▸ **TASK TO COMPLETE**
Copy the data as given. No line may be skipped.

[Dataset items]
--*--

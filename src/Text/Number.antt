-- ===== src/Text/Number.antt =====
-- `str::parse` into an unsigned type and into `i64`, and the decimal print of `format!`.
pub mod Laws
use gust.Prelude.{
  ℕ, zero, suc, ◌+◌, ◌-◌, ◌*◌, ◌/◌, ◌%◌, ◌^◌, Bool, true, false, List, [], ◌∷◌, ◌++◌, Option, none,
  some, between, leb, ltb, ◌&&◌, ◌==◌, if◌then◌else◌,
}
use gust.Text.{Text}

abbrev pub is_digit : ℕ → Bool
is_digit c = between b'0' b'9' c

-- the digits behind the value so far; `none` for another character or past `limit`
unfoldable pub scan : ℕ → Text → ℕ → Option ℕ
scan limit [] n = some n
scan limit (c ∷ s) n =
    let m = n * 10 + (c - b'0') in if is_digit c && leb m limit then scan limit s m else none

-- digits, and at least one
unfoldable pub scan_some : ℕ → Text → Option ℕ
unfolding scan
scan_some limit [] = none
scan_some limit (c ∷ s) = scan limit (c ∷ s) 0

-- `s.parse::<uN>()` with `limit` the type's largest value; a leading `+` is allowed
unfoldable pub parse_unsigned : ℕ → Text → Option ℕ
unfolding scan_some
parse_unsigned limit [] = none
parse_unsigned limit (c ∷ s) = if c == b'+' then scan_some limit s else scan_some limit (c ∷ s)

abbrev pub max_u16 : ℕ
max_u16 = 2 ^ 16 - 1

abbrev pub max_u64 : ℕ
max_u64 = 2 ^ 64 - 1

-- the decimal print; a number below the fuel is printed whole
unfoldable pub show_digits : ℕ → ℕ → Text
show_digits zero n = []
show_digits (suc fuel) n =
    let more = show_digits fuel (n / 10) ++ (b'0' + n % 10) ∷ [] in
    if ltb n 10 then (b'0' + n) ∷ [] else more

unfoldable pub show : ℕ → Text
unfolding show_digits
show n = show_digits (suc n) n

--*--

▸ **ANSWER TO THE EXERCISE**
filename src/Text/Number.antt
-- ===== src/Text/Number.antt =====
-- `str::parse` into an unsigned type and into `i64`, and the decimal print of `format!`.
pub mod Laws
use gust.Prelude.{
  ℕ, zero, suc, ◌+◌, ◌-◌, ◌*◌, ◌/◌, ◌%◌, ◌^◌, Bool, true, false, List, [], ◌∷◌, ◌++◌, Option, none,
  some, between, leb, ltb, ◌&&◌, ◌==◌, if◌then◌else◌,
}
use gust.Text.{Text}

abbrev pub is_digit : ℕ → Bool
is_digit c = between b'0' b'9' c

-- the digits behind the value so far; `none` for another character or past `limit`
unfoldable pub scan : ℕ → Text → ℕ → Option ℕ
scan limit [] n = some n
scan limit (c ∷ s) n =
    let m = n * 10 + (c - b'0') in if is_digit c && leb m limit then scan limit s m else none

-- digits, and at least one
unfoldable pub scan_some : ℕ → Text → Option ℕ
unfolding scan
scan_some limit [] = none
scan_some limit (c ∷ s) = scan limit (c ∷ s) 0

-- `s.parse::<uN>()` with `limit` the type's largest value; a leading `+` is allowed
unfoldable pub parse_unsigned : ℕ → Text → Option ℕ
unfolding scan_some
parse_unsigned limit [] = none
parse_unsigned limit (c ∷ s) = if c == b'+' then scan_some limit s else scan_some limit (c ∷ s)

abbrev pub max_u16 : ℕ
max_u16 = 2 ^ 16 - 1

abbrev pub max_u64 : ℕ
max_u64 = 2 ^ 64 - 1

-- the decimal print; a number below the fuel is printed whole
unfoldable pub show_digits : ℕ → ℕ → Text
show_digits zero n = []
show_digits (suc fuel) n =
    let more = show_digits fuel (n / 10) ++ (b'0' + n % 10) ∷ [] in
    if ltb n 10 then (b'0' + n) ∷ [] else more

unfoldable pub show : ℕ → Text
unfolding show_digits
show n = show_digits (suc n) n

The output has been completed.